• **WORK REQUIRED**
Your response must be made up of each line in the data below that contains the string "every".

[Stored entries]
--------------------
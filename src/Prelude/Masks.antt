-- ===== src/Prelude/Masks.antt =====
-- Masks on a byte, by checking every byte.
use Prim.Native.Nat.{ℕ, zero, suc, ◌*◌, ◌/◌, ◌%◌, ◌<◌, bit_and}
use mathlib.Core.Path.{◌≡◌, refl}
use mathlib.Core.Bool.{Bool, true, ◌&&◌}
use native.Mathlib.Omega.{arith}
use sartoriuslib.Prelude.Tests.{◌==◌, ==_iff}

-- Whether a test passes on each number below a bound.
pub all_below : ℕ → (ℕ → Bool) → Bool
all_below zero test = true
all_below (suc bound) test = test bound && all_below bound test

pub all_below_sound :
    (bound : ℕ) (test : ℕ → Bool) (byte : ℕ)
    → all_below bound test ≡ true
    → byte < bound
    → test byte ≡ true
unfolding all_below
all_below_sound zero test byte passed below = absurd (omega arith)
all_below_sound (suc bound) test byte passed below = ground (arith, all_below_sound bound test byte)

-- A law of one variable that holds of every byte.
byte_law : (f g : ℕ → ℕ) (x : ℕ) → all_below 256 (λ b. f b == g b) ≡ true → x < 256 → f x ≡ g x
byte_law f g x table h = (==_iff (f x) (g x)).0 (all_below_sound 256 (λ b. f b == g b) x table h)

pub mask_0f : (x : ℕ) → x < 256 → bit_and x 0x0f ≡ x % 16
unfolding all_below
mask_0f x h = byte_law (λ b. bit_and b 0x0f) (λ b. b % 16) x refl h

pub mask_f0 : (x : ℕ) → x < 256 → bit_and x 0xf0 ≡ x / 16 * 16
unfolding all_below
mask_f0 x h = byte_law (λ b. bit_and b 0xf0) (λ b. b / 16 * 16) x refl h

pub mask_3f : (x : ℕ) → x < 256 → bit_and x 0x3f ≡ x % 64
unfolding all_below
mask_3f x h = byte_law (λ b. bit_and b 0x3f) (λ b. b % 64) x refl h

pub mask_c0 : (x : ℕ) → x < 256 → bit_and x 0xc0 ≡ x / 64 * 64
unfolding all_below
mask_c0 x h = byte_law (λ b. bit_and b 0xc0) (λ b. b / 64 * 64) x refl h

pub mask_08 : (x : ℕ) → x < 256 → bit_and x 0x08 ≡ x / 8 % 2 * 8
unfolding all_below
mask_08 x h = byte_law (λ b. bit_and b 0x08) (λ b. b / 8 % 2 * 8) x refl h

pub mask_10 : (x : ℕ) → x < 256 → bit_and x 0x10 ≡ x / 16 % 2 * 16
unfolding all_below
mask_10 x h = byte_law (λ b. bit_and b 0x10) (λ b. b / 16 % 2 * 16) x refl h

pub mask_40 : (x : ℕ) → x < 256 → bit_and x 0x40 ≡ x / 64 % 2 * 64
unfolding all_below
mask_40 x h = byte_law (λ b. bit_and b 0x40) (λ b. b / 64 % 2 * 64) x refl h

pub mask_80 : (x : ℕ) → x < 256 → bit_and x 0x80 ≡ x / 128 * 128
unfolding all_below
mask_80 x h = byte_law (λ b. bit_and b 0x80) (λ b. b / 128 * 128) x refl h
--------------------
• **EXERCISE RESULT**
-- Masks on a byte, by checking every byte.
-- A law of one variable that holds of every byte.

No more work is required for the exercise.